Data Items

Data

class dynamicdl.data.dataentry.DataEntry(items: list[DataItem] | DataItem)[source]

Bases: object

Contains all items required for an entry in the dataset, a collection of DataItem objects. Most use is handled by internal merging processes, and is not to be instantiated by users.

Parameters:: items (list[DataItem] | DataItem) – A (list of) data items which are to be batched together

apply_tokens(items: Iterable[DataItem]) → None[source]

Apply new tokens to the item.

Parameters:: items (list[DataItem] | DataItem) – Additional items to associate with this data entry.

merge_inplace(other: Self) → None[source]

Merge two data entries together, storing it in this instance.

Parameters:: other (DataEntry) – The other data entry to merge into this instance.

class dynamicdl.data.dataitem.DataItem(delimiter: DataType, value: Any)[source]

Bases: object

The DataItem class represents a value associated with a particular DataType. DataItem objects are regularly handled and created by internal processes, but can be used in instantiating Static variables with certain values.

Example: my_static = Static(‘my_image_set_name’, DataItem(DataTypes.IMAGE_SET_NAME), ‘my_set’) The above example creates a static which contains the value my_set as an image set name for its hierarchical children to inherit.

Parameters:

delimiter (DataType) – The type of the DataItem.
value (Any) – The value associated with the DataType, must be compatible.

add(item: Self) → None[source]

Add an item to current data if it is redundant. Used by internal merging processes.

Parameters:: item (DataItem) – An item to add to itself.
Raises:: ValueError – Either self or item are not redundant.

classmethod copy(first: Self) → Self[source]

Shallow copy self’s data into new instance. Used by internal merging processes.

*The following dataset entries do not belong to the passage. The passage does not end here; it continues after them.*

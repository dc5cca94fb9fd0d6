-- ===== src/Tests.antt =====
-- Runs of the theorems at concrete inputs.
mod Samples
mod Store
mod Chat
mod Edge
mod Accounts
mod Server
mod Wiring
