-- ===== src/User/Unique.antt =====
-- Every sequence of writes to the users table keeps the emails unique, compared without case.
use ai_it_dab_com.Prelude.{
  ℕ, String, ◌≡◌, refl, ap, ◌∙◌, Bool, false, ◌||◌, Bool-cases, Option-cases, inl, inr, Option,
  List, [], ◌∷◌, ◌++◌, arith, ◌==◌, eq_iff, any,
}
use ai_it_dab_com.Prelude.Faults.{fails}
use ai_it_dab_com.User.{
  User, UserDb, statement, find, update_where, has_email, create, update_password,
}

module _ (fold : String → String) (uuid : ℕ → String) (parse_uuid : String → Option String) where
  -- The unique index of the table.
  abbrev pub IsUnique : List User → Type 0
  IsUnique [] = Unit
  IsUnique (u ∷ us) = (any (λ v. fold v.email == fold u.email) us ≡ false) × IsUnique us

  any-append : (p : User → Bool) (us vs : List User) → any p (us ++ vs) ≡ (any p us || any p vs)
  any-append p [] vs = refl
  any-append p (u ∷ us) vs = ground (arith, any-append p us vs)

  -- An edit that `q` does not see.
  any-update_where :
      (q p : User → Bool) (f : User → User) (us : List User)
      → ((u : User) → q (f u) ≡ q u)
      → any q (update_where p f us) ≡ any q us
  any-update_where q p f [] h = refl
  any-update_where q p f (u ∷ us) h = ground (arith, h u, any-update_where q p f us h)

  IsUnique-append :
      (us : List User) (u : User)
      → any (has_email fold uuid parse_uuid u.email) us ≡ false
      → IsUnique us
      → IsUnique (us ++ u ∷ [])
  IsUnique-append [] u e h = (refl, tt)
  IsUnique-append (v ∷ vs) u e (new, h) = (
    ground (
      arith,
      any-append (λ w. fold w.email == fold v.email) vs (u ∷ []),
      eq_iff (fold v.email) (fold u.email),
      eq_iff (fold u.email) (fold v.email),
    ),
    IsUnique-append vs u (ground arith) h,
  )

  IsUnique-update_where :
      (p : User → Bool) (f : User → User) (us : List User)
      → ((u : User) → (f u).email ≡ u.email)
      → IsUnique us
      → IsUnique (update_where p f us)
  IsUnique-update_where p f [] h u = tt
  IsUnique-update_where p f (k ∷ ks) h (new, u) =
      let rest = IsUnique-update_where p f ks h u in
      let hidden =
        any-update_where (λ v. fold v.email == fold k.email) p f ks
          (λ j. ap (λ x. fold x == fold k.email) (h j)) in
      elim (Bool-cases (p k)) [
        | inl e ↦ rw (e, h k) (hidden ∙ new, rest)
        | inr e ↦ rw e (hidden ∙ new, rest)
      ]

  -- What changes the table: a call of a method that writes, or time passing and the coming failures
  -- being chosen.
  pub data Step (s : UserDb) : UserDb → Type 0 where
    created :
        (email hash : String) (su : Bool) → Step s (create fold uuid parse_uuid email hash su s).1
    reset : (id hash : String) → Step s (update_password fold uuid parse_uuid id hash s).1
    waited : (now : ℕ) (faults : List Bool) → Step s (record s { now = now; faults = faults })

  pub data Reach (s : UserDb) : UserDb → Type 0 where
    here : Reach s s
    next : {t u : UserDb} → Reach s t → Step t u → Reach s u

  create-IsUnique :
      (email hash : String) (su : Bool) (s : UserDb)
      → IsUnique s.users
      → IsUnique (create fold uuid parse_uuid email hash su s).1.users
  unfolding create statement
  create-IsUnique email hash su s h = elim (Bool-cases (fails s.faults)) [
    | inl down ↦ rw down h
    | inr up ↦ elim (Bool-cases (any (has_email fold uuid parse_uuid email) s.users)) [
      | inl used ↦ rw (up, used) h
      | inr free ↦ rw (up, free) (IsUnique-append s.users _ free h)
    ]
  ]

  update_password-IsUnique :
      (id hash : String) (s : UserDb)
      → IsUnique s.users
      → IsUnique (update_password fold uuid parse_uuid id hash s).1.users
  unfolding update_password statement
  update_password-IsUnique id hash s h = elim (Bool-cases (fails s.faults)) [
    | inl down ↦ rw down h
    | inr up ↦ elim (Option-cases (parse_uuid id)) [
      | inl bad ↦ rw (up, bad) h
      | inr (i, good) ↦
          let edit = λ (u : User). record u { password_hash = hash; updated_at = s.now } in
          let users = update_where (λ u. u.id == i) edit s.users in
          let kept = IsUnique-update_where (λ u. u.id == i) edit s.users (λ u. refl) h in
          elim (Option-cases (find (λ u. u.id == i) users)) [
            | inl missing ↦ rw (up, good, missing) kept
            | inr (u, found) ↦ rw (up, good, found) kept
          ]
    ]
  ]

  Step-IsUnique : {s t : UserDb} → Step s t → IsUnique s.users → IsUnique t.users
  Step-IsUnique {s} (created email hash su) h = create-IsUnique email hash su s h
  Step-IsUnique {s} (reset id hash) h = update_password-IsUnique id hash s h
  Step-IsUnique (waited now faults) h = h

  -- Whatever calls are made, in any order and with any failures, no two accounts have emails that
  -- compare equal without case.
  pub Reach-IsUnique_emails : {s t : UserDb} → IsUnique s.users → Reach s t → IsUnique t.users
  Reach-IsUnique_emails h here = h
  Reach-IsUnique_emails h (next r st) = Step-IsUnique st (Reach-IsUnique_emails h r)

Parameters:: first (DataItem) – The item to copy.
Returns:: A shallow copy of the data item.
Return type:: DataItem

class dynamicdl.data.datatype.DataType(desc: str, token_type: Token, doc: str | None = None)[source]

Bases: object

DataType is a container class for storing relevant dataset items. Token type options can be found in the tokens module. Warning: DataType instantiates are persistent through program execution, and can be accessed at the static dict DataType.types.

Parameters:

desc (str) – The purpose of the DataType. This should be unique for every new object.
token_type (Token) – The token type of the DataType.

verify_token(value: str) → bool[source]

Verify that a given value is valid for the datatype. Calls on internal Token functions for validation.

value (str): the value to check if it is compatible with the DataType.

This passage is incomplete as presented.